### Work request
All of the entries below should be copied exactly as they appear.

(Collected data entries)
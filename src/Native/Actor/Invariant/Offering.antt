-- ===== src/Native/Actor/Invariant/Offering.antt =====
-- Changes of one peer, messages to the lobby and the offer for a new link keep the invariant.
use lobbylink.Base.{
  ℕ, ◌≡◌, refl, ap, sym, ◌∙◌, true, false, List, ◌∷◌, none, some, ltb, not, arith, if_both,
  lookup_cases, inl, inr, Text,
}
use lobbylink.Base.Map
use lobbylink.Base.Map.{get-insert, get-insert_inv}
use lobbylink.Protocol.{SignalPayload, offer, signal}
use lobbylink.Protocol.Values.{Json}
use lobbylink.Reassembly.Counters.{IsValid}
use lobbylink.Native.Actor.Invariant.{described, described_later}
use lobbylink.Native.Actor.{Output, Link, Peer, Rtc, Actor, ws_send, remote_set}
use lobbylink.Native.Actor.Peers.{create_link, add_link}
use lobbylink.Native.Actor.Signals.{send_signal, send_local, initiate_peer, pass_candidate}
use lobbylink.Native.Actor.Invariant.{IsSound, IsDirected, put-IsSound}
use lobbylink.Native.Actor.Invariant.Links.{create_link-IsSound}

-- A peer after the change has the epoch of the peer before.
before_insert :
    (a : Actor) (k i : ℕ) (old new p : Peer)
    → Map.get a.peers k ≡ some old
    → new.link ≡ old.link
    → Map.get (Map.insert a.peers k new) i ≡ some p
    → (p' : Peer) × (Map.get a.peers i ≡ some p') × (p'.link.epoch ≡ p.link.epoch)
before_insert a k i old new p h same g = elim (get-insert_inv a.peers k i new p g) [
  | inl (at, now) ↦ (old, ap (Map.get a.peers) at ∙ h, ground (arith, now, same))
  | inr (other, was) ↦ (p, was, refl)
]

pub described-remote_set :
    (link : Link) (peer : Peer) (sdp : Text) (log : List Output)
    → peer.link ≡ link
    → described peer.link.epoch (remote_set link.epoch sdp ∷ log) ≡ true
unfolding described
described-remote_set link peer sdp log same = ground (arith, ap (λ (l : Link). l.epoch) same)

pub described-pass_candidate :
    (a : Actor) (rtc : Rtc) (epoch : ℕ) (candidate : Json)
    → described epoch a.log ≡ true
    → described epoch (pass_candidate a rtc epoch candidate).log ≡ true
unfolding pass_candidate
described-pass_candidate a rtc epoch candidate set =
    if_both (λ (b : Actor). described epoch b.log ≡ true) (rtc.candidate_ok candidate) _ a
      (described_later epoch _ a.log set) set

-- The link that is made is the one in the map.
pub newest-create_link :
    (a : Actor) (rtc : Rtc) (k : ℕ) (link : Link)
    → (create_link a rtc k false).1 ≡ some link
    → (peer : Peer) → Map.get (create_link a rtc k false).0.peers k ≡ some peer
    → peer.link ≡ link
unfolding create_link add_link Map.insert Map.get
newest-create_link a rtc k link made peer there = ground (arith, made, there)

module _ {self_id max_players : ℕ} where
  -- The peer's link is kept; its buffers stay consistent.
  pub with_peer-IsSound :
      (a : Actor) (k : ℕ) (old new : Peer)
      → Map.get a.peers k ≡ some old
      → new.link ≡ old.link
      → IsValid new.reassembler
      → (new.pending_candidates ≡ none → described new.link.epoch a.log ≡ true)
      → IsSound self_id max_players a
      → IsSound self_id max_players (record a { peers = Map.insert a.peers k new })
  with_peer-IsSound a k old new h same valid ready v = record {
    self = v.self;
    slots = v.slots;
    roster = v.roster;
    shared = v.shared;
    linked = record {
      links = λ i p g. elim (get-insert_inv a.peers k i new p g) [
        | inl (at, now) ↦
            let was = v.linked.links k old h in
            record {
              id = ground (arith, at, now, same, was.id);
              direction = ground (arith, at, now, same, was.direction);
              numbered = ground (arith, at, now, same, was.numbered);
              alive = ground (arith, at, now, same, was.alive);
              buffers = rw now valid;
            }
        | inr (other, was) ↦ v.linked.links i p was
      ];
      apart = λ i j p q g g' e.
          let (p', one, same_p) = before_insert a k i old new p h same g in
          let (q', two, same_q) = before_insert a k j old new q h same g' in
          v.linked.apart i j p' q' one two (same_p ∙ (e ∙ sym same_q));
      spent = v.linked.spent;
      watched = λ i w g.
          let there = get-insert a.peers k i new in ground (arith, v.linked.watched i w g, same);
    };
    outputs = v.outputs;
    flushed = λ i p g n. elim (get-insert_inv a.peers k i new p g) [
      | inl (at, now) ↦
          ap (λ (q : Peer). described q.link.epoch a.log) now
          ∙ ready (ap (λ (q : Peer). q.pending_candidates) (sym now) ∙ n)
      | inr (other, was) ↦ v.flushed i p was n
    ];
  }

  pub send_signal-IsSound :
      (a : Actor) (to : ℕ) (payload : SignalPayload)
      → IsDirected self_id to payload
      → IsSound self_id max_players a
      → IsSound self_id max_players (send_signal a to payload)
  unfolding send_signal
  send_signal-IsSound a to payload d v =
      if_both (IsSound self_id max_players) a.closed a _ v
        (put-IsSound a (ws_send (signal to payload)) d v)

  pub send_local-IsSound :
      (a : Actor) (rtc : Rtc) (to : ℕ) (payload : Text → SignalPayload)
      → ((sdp : Text) → IsDirected self_id to (payload sdp))
      → IsSound self_id max_players a
      → IsSound self_id max_players (send_local a rtc to payload)
  unfolding send_local
  send_local-IsSound a rtc to payload d v =
      if_both (IsSound self_id max_players) (not rtc.set_local_ok) a _ v (
        lookup_cases (IsSound self_id max_players) rtc.local_description a _ (λ _. v)
          (λ sdp _. send_signal-IsSound a to (payload sdp) (d sdp) v))

  pub initiate_peer-IsSound :
      (a : Actor) (rtc : Rtc) (k : ℕ)
      → ltb self_id k ≡ true
      → IsSound self_id max_players a
      → IsSound self_id max_players (initiate_peer a rtc k)
  unfolding initiate_peer
  initiate_peer-IsSound a rtc k up v =
      let created = create_link-IsSound a rtc k true (sym up) v in
      if_both (IsSound self_id max_players) a.closed a _ v (
        lookup_cases (IsSound self_id max_players) (create_link a rtc k true).1 _ _ (λ _. created)
          (λ link _.
            if_both (IsSound self_id max_players) (not rtc.create_offer_ok) _ _ created
              (send_local-IsSound _ rtc k offer (λ sdp. up) created)))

### Final answer
filename src/Native/Actor/Invariant/Offering.antt
-- ===== src/Native/Actor/Invariant/Offering.antt =====
-- Changes of one peer, messages to the lobby and the offer for a new link keep the invariant.
use lobbylink.Base.{
  ℕ, ◌≡◌, refl, ap, sym, ◌∙◌, true, false, List, ◌∷◌, none, some, ltb, not, arith, if_both,
  lookup_cases, inl, inr, Text,
}
use lobbylink.Base.Map
use lobbylink.Base.Map.{get-insert, get-insert_inv}
use lobbylink.Protocol.{SignalPayload, offer, signal}
use lobbylink.Protocol.Values.{Json}
use lobbylink.Reassembly.Counters.{IsValid}
use lobbylink.Native.Actor.Invariant.{described, described_later}
use lobbylink.Native.Actor.{Output, Link, Peer, Rtc, Actor, ws_send, remote_set}
use lobbylink.Native.Actor.Peers.{create_link, add_link}
use lobbylink.Native.Actor.Signals.{send_signal, send_local, initiate_peer, pass_candidate}
use lobbylink.Native.Actor.Invariant.{IsSound, IsDirected, put-IsSound}
use lobbylink.Native.Actor.Invariant.Links.{create_link-IsSound}

-- A peer after the change has the epoch of the peer before.
before_insert :
    (a : Actor) (k i : ℕ) (old new p : Peer)
    → Map.get a.peers k ≡ some old
    → new.link ≡ old.link
    → Map.get (Map.insert a.peers k new) i ≡ some p
    → (p' : Peer) × (Map.get a.peers i ≡ some p') × (p'.link.epoch ≡ p.link.epoch)
before_insert a k i old new p h same g = elim (get-insert_inv a.peers k i new p g) [
  | inl (at, now) ↦ (old, ap (Map.get a.peers) at ∙ h, ground (arith, now, same))
  | inr (other, was) ↦ (p, was, refl)
]

pub described-remote_set :
    (link : Link) (peer : Peer) (sdp : Text) (log : List Output)
    → peer.link ≡ link
    → described peer.link.epoch (remote_set link.epoch sdp ∷ log) ≡ true
unfolding described
described-remote_set link peer sdp log same = ground (arith, ap (λ (l : Link). l.epoch) same)

pub described-pass_candidate :
    (a : Actor) (rtc : Rtc) (epoch : ℕ) (candidate : Json)
    → described epoch a.log ≡ true
    → described epoch (pass_candidate a rtc epoch candidate).log ≡ true
unfolding pass_candidate
described-pass_candidate a rtc epoch candidate set =
    if_both (λ (b : Actor). described epoch b.log ≡ true) (rtc.candidate_ok candidate) _ a
      (described_later epoch _ a.log set) set

-- The link that is made is the one in the map.
pub newest-create_link :
    (a : Actor) (rtc : Rtc) (k : ℕ) (link : Link)
    → (create_link a rtc k false).1 ≡ some link
    → (peer : Peer) → Map.get (create_link a rtc k false).0.peers k ≡ some peer
    → peer.link ≡ link
unfolding create_link add_link Map.insert Map.get
newest-create_link a rtc k link made peer there = ground (arith, made, there)

module _ {self_id max_players : ℕ} where
  -- The peer's link is kept; its buffers stay consistent.
  pub with_peer-IsSound :
      (a : Actor) (k : ℕ) (old new : Peer)
      → Map.get a.peers k ≡ some old
      → new.link ≡ old.link
      → IsValid new.reassembler
      → (new.pending_candidates ≡ none → described new.link.epoch a.log ≡ true)
      → IsSound self_id max_players a
      → IsSound self_id max_players (record a { peers = Map.insert a.peers k new })
  with_peer-IsSound a k old new h same valid ready v = record {
    self = v.self;
    slots = v.slots;
    roster = v.roster;
    shared = v.shared;
    linked = record {
      links = λ i p g. elim (get-insert_inv a.peers k i new p g) [
        | inl (at, now) ↦
            let was = v.linked.links k old h in
            record {
              id = ground (arith, at, now, same, was.id);
              direction = ground (arith, at, now, same, was.direction);
              numbered = ground (arith, at, now, same, was.numbered);
              alive = ground (arith, at, now, same, was.alive);
              buffers = rw now valid;
            }
        | inr (other, was) ↦ v.linked.links i p was
      ];
      apart = λ i j p q g g' e.
          let (p', one, same_p) = before_insert a k i old new p h same g in
          let (q', two, same_q) = before_insert a k j old new q h same g' in
          v.linked.apart i j p' q' one two (same_p ∙ (e ∙ sym same_q));
      spent = v.linked.spent;
      watched = λ i w g.
          let there = get-insert a.peers k i new in ground (arith, v.linked.watched i w g, same);
    };
    outputs = v.outputs;
    flushed = λ i p g n. elim (get-insert_inv a.peers k i new p g) [
      | inl (at, now) ↦
          ap (λ (q : Peer). described q.link.epoch a.log) now
          ∙ ready (ap (λ (q : Peer). q.pending_candidates) (sym now) ∙ n)
      | inr (other, was) ↦ v.flushed i p was n
    ];
  }

  pub send_signal-IsSound :
      (a : Actor) (to : ℕ) (payload : SignalPayload)
      → IsDirected self_id to payload
      → IsSound self_id max_players a
      → IsSound self_id max_players (send_signal a to payload)
  unfolding send_signal
  send_signal-IsSound a to payload d v =
      if_both (IsSound self_id max_players) a.closed a _ v
        (put-IsSound a (ws_send (signal to payload)) d v)

  pub send_local-IsSound :
      (a : Actor) (rtc : Rtc) (to : ℕ) (payload : Text → SignalPayload)
      → ((sdp : Text) → IsDirected self_id to (payload sdp))
      → IsSound self_id max_players a
      → IsSound self_id max_players (send_local a rtc to payload)
  unfolding send_local
  send_local-IsSound a rtc to payload d v =
      if_both (IsSound self_id max_players) (not rtc.set_local_ok) a _ v (
        lookup_cases (IsSound self_id max_players) rtc.local_description a _ (λ _. v)
          (λ sdp _. send_signal-IsSound a to (payload sdp) (d sdp) v))

  pub initiate_peer-IsSound :
      (a : Actor) (rtc : Rtc) (k : ℕ)
      → ltb self_id k ≡ true
      → IsSound self_id max_players a
      → IsSound self_id max_players (initiate_peer a rtc k)
  unfolding initiate_peer
  initiate_peer-IsSound a rtc k up v =
      let created = create_link-IsSound a rtc k true (sym up) v in
      if_both (IsSound self_id max_players) a.closed a _ v (
        lookup_cases (IsSound self_id max_players) (create_link a rtc k true).1 _ _ (λ _. created)
          (λ link _.
            if_both (IsSound self_id max_players) (not rtc.create_offer_ok) _ _ created
              (send_local-IsSound _ rtc k offer (λ sdp. up) created)))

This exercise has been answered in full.